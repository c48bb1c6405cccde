-- ===== src/Adaptive/Service/Kept.antt =====
-- The states that are kept: the memory cache is bounded, and a state that was just saved is found.
use interview_agent_py.Prelude.{
  ℕ, suc, ◌≤◌, ◌<◌, ◌≡◌, inl, inr, refl, ◌∙◌, [], ◌∷◌, ◌++◌, none, some, Bool, true, false,
  Bool-cases, ltb, ◌=?◌, length, length-append, Text, arith, list_eq, nat_eq, =?-refl, ltb→lt,
}
use interview_agent_py.Prelude.Dict.{Dict, get, remove, get-put_self, get-remove}
use interview_agent_py.Errors.{ok}
use interview_agent_py.Adaptive.Graph.{AgentState}
use interview_agent_py.Adaptive.Service.{
  Sessions, memory_cache_maxsize, put_last, without_first, cache_state, get_state, save_checkpoint,
}

get-snoc {ℓ} :
    {V : Type ℓ} (d : Dict Text V) (k : Text) (v : V)
    → get d k ≡ none
    → get (d ++ (k, v) ∷ []) k ≡ some v
unfolding get
get-snoc [] k v missing = rw (=?-refl k) refl
get-snoc ((j, w) ∷ d) k v missing = elim (Bool-cases (j =? k)) [
  | inl same ↦ absurd (ground (arith, missing, same))
  | inr other ↦ rw other (get-snoc d k v (rw other at missing))
]

get-without_first {ℓ} :
    {V : Type ℓ} (d : Dict Text V) (k : Text) → get d k ≡ none → get (without_first d) k ≡ none
unfolding get
get-without_first [] k missing = refl
get-without_first ((j, w) ∷ d) k missing = elim (Bool-cases (j =? k)) [
  | inl same ↦ absurd (ground (arith, missing, same))
  | inr other ↦ rw other at missing
]

-- The oldest is dropped from a longer list: the new one stays.
get-without_first-snoc {ℓ} :
    {V : Type ℓ} (d : Dict Text V) (k : Text) (v : V)
    → get d k ≡ none
    → memory_cache_maxsize < length (d ++ (k, v) ∷ [])
    → get (without_first (d ++ (k, v) ∷ [])) k ≡ some v
get-without_first-snoc [] k v missing long = absurd (omega arith)
get-without_first-snoc (item ∷ d) k v missing long =
    get-snoc d k v (get-without_first (item ∷ d) k missing)

remove-missing {ℓ} : {V : Type ℓ} (d : Dict Text V) (k : Text) → get (remove d k) k ≡ none
remove-missing d k = get-remove d k k ∙ rw (=?-refl k) refl

abbrev SavedFound : Text → AgentState → Sessions → Type 0
SavedFound session_id state s =
    (get_state session_id (cache_state session_id state (save_checkpoint session_id state s))).0
    ≡ ok state

by_mode :
    (session_id : Text) (state : AgentState) (mode : Bool)
    (checkpoints cache : Dict Text AgentState)
    → SavedFound session_id state
        (record { has_checkpointer = mode; checkpoints = checkpoints; memory_cache = cache })
unfolding get_state cache_state save_checkpoint put_last
by_mode session_id state true checkpoints cache =
    rw (get-put_self checkpoints session_id state) refl
by_mode session_id state false checkpoints cache =
    let old = remove cache session_id in
    let missing = remove-missing cache session_id in
    elim (Bool-cases (ltb memory_cache_maxsize (length (old ++ (session_id, state) ∷ [])))) [
      | inl full ↦
          rw (full, get-without_first-snoc old session_id state missing (ltb→lt _ _ full)) refl
      | inr free ↦ rw (free, get-snoc old session_id state missing) refl
    ]

-- A state that was saved is the one that the session has then, with a checkpointer and without.
pub get_state-saved :
    (session_id : Text) (state : AgentState) (s : Sessions)
    → (get_state session_id (cache_state session_id state (save_checkpoint session_id state s))).0
      ≡ ok state
get_state-saved session_id state s =
    by_mode session_id state s.has_checkpointer s.checkpoints s.memory_cache

length-without_first {ℓ} :
    {V : Type ℓ} (d : Dict Text V) (n : ℕ) → length d ≤ suc n → length (without_first d) ≤ n
length-without_first [] n h = omega arith
length-without_first (item ∷ d) n h = omega arith

length-remove {ℓ} : {V : Type ℓ} (d : Dict Text V) (k : Text) → length (remove d k) ≤ length d
unfolding remove
length-remove [] k = omega arith
length-remove ((j, w) ∷ d) k = elim (Bool-cases (j =? k)) [
  | inl same ↦ rw same (omega (arith, length-remove d k))
  | inr other ↦ rw other (omega (arith, length-remove d k))
]

-- The memory cache never holds more than its size.
pub cache_state-bounded :
    (session_id : Text) (state : AgentState) (s : Sessions)
    → length s.memory_cache ≤ memory_cache_maxsize
    → length (cache_state session_id state s).memory_cache ≤ memory_cache_maxsize
unfolding cache_state put_last
cache_state-bounded session_id state s bounded = elim (Bool-cases s.has_checkpointer) [
  | inl kept ↦ rw kept bounded
  | inr in_memory ↦
      let cached = remove s.memory_cache session_id ++ (session_id, state) ∷ [] in
      elim (Bool-cases (ltb memory_cache_maxsize (length cached))) [
        | inl full ↦
            rw (in_memory, full)
              (length-without_first cached memory_cache_maxsize (
                omega (
                  arith,
                  length-append (remove s.memory_cache session_id) ((session_id, state) ∷ []),
                  length-remove s.memory_cache session_id,
                )))
        | inr free ↦ rw (in_memory, free) (ground (arith, free))
      ]
]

**Task prompt**:
Among the lines of the data, identify those with the word "arith". Copy each of them.

**Exercise solution**:
  Bool-cases, ltb, ◌=?◌, length, length-append, Text, arith, list_eq, nat_eq, =?-refl, ltb→lt,
  | inl same ↦ absurd (ground (arith, missing, same))
  | inl same ↦ absurd (ground (arith, missing, same))
get-without_first-snoc [] k v missing long = absurd (omega arith)
length-without_first [] n h = omega arith
length-without_first (item ∷ d) n h = omega arith
length-remove [] k = omega arith
  | inl same ↦ rw same (omega (arith, length-remove d k))
  | inr other ↦ rw other (omega (arith, length-remove d k))
                  arith,
        | inr free ↦ rw (in_memory, free) (ground (arith, free))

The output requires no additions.